:: Work to be completed ::
Scan the data for "raise" and copy the lines it appears in.

:: Dataset excerpts ::
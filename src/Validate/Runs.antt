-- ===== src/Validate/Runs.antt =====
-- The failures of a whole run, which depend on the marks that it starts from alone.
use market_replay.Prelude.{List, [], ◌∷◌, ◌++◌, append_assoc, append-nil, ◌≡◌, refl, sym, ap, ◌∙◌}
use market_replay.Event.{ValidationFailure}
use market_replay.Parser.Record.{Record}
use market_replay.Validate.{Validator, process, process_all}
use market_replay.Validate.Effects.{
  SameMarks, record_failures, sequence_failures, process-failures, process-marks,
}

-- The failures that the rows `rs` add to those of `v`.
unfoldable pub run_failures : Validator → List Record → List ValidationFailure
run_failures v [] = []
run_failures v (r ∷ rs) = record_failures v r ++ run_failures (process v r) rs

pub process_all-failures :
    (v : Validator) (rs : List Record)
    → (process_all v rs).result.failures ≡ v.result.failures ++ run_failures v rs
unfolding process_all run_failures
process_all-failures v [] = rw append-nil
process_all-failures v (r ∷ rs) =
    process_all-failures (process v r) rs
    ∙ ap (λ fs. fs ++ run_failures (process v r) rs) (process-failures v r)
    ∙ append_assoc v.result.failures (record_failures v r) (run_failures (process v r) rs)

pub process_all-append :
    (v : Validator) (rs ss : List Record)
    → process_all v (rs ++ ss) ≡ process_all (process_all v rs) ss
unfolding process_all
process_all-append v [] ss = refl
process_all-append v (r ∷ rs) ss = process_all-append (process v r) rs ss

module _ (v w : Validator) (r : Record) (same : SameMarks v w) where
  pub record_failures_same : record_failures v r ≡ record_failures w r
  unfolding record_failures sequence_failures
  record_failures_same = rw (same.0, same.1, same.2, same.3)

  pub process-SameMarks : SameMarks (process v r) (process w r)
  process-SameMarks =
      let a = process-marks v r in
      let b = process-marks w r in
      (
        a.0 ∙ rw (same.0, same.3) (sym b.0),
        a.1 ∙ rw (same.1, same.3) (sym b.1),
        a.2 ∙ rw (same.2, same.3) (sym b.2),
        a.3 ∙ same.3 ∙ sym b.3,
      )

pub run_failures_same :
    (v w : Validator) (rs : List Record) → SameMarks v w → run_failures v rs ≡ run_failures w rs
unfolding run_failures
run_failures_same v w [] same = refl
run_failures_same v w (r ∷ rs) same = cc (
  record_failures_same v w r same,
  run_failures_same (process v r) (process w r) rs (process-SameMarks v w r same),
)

==

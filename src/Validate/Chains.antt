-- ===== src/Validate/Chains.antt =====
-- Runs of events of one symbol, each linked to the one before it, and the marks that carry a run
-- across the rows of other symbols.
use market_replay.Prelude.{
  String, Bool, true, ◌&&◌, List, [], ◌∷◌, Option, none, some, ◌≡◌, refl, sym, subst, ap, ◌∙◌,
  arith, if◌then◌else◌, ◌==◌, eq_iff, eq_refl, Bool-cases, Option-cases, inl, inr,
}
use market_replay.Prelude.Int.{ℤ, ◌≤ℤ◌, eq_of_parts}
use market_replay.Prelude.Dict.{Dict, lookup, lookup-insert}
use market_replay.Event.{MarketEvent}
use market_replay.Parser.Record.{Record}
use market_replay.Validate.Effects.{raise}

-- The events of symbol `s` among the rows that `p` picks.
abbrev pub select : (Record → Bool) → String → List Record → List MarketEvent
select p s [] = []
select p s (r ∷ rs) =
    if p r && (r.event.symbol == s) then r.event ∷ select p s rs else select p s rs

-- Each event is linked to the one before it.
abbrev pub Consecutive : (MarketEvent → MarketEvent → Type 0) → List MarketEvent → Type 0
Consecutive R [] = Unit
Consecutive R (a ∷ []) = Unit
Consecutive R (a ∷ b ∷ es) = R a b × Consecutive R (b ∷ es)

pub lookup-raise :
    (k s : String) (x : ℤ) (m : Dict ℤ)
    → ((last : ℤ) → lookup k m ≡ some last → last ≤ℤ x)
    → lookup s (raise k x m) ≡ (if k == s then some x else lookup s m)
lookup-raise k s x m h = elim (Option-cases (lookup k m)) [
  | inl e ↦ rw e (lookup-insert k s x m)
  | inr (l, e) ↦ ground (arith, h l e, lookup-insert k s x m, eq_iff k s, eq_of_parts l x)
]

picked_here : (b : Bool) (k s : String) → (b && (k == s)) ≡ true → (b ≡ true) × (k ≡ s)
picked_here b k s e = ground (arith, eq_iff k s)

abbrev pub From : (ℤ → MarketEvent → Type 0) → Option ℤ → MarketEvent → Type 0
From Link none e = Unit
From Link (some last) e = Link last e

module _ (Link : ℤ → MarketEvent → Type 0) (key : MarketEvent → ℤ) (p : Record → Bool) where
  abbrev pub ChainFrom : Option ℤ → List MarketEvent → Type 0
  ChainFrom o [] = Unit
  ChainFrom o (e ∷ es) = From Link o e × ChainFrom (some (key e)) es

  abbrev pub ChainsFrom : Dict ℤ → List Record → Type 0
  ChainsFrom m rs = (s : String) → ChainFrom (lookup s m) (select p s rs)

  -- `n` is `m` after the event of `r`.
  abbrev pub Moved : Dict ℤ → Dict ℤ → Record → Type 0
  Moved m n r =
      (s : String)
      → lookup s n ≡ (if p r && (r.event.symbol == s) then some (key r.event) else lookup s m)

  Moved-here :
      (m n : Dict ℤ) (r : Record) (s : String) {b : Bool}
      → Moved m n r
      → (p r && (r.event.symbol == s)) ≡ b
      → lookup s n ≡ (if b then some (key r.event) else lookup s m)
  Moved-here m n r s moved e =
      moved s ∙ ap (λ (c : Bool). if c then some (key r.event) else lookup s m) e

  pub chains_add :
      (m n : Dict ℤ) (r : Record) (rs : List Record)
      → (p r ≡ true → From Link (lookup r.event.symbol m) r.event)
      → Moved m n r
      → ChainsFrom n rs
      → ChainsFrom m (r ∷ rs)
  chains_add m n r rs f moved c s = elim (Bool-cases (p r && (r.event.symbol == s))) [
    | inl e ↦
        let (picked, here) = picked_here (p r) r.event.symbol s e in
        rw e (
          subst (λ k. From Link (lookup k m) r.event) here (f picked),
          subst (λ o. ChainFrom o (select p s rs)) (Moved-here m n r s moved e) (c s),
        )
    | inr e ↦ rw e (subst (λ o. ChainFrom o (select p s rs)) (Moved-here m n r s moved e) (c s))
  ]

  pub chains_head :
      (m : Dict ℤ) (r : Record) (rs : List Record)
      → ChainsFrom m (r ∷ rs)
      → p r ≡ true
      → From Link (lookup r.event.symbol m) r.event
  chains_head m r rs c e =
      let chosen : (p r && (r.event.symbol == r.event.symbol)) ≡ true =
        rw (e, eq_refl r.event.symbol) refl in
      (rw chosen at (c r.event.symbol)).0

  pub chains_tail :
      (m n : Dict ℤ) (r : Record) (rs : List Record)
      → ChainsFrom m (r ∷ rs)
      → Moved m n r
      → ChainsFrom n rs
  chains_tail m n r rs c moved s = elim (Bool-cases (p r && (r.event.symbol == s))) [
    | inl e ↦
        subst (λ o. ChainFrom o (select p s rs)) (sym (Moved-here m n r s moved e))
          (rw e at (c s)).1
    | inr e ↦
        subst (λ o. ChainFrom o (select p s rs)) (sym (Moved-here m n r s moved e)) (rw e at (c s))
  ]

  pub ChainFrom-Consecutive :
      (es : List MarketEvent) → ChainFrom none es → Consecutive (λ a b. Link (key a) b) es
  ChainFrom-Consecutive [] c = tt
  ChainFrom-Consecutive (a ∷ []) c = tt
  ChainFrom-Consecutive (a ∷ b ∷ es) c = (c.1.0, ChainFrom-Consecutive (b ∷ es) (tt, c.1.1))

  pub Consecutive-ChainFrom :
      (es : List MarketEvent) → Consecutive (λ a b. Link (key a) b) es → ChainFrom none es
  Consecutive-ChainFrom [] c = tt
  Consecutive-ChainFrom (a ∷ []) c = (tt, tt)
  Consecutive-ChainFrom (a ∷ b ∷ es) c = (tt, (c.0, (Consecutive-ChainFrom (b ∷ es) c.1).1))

:: Result of this exercise ::
use market_replay.Validate.Effects.{raise}
pub lookup-raise :
    → lookup s (raise k x m) ≡ (if k == s then some x else lookup s m)
lookup-raise k s x m h = elim (Option-cases (lookup k m)) [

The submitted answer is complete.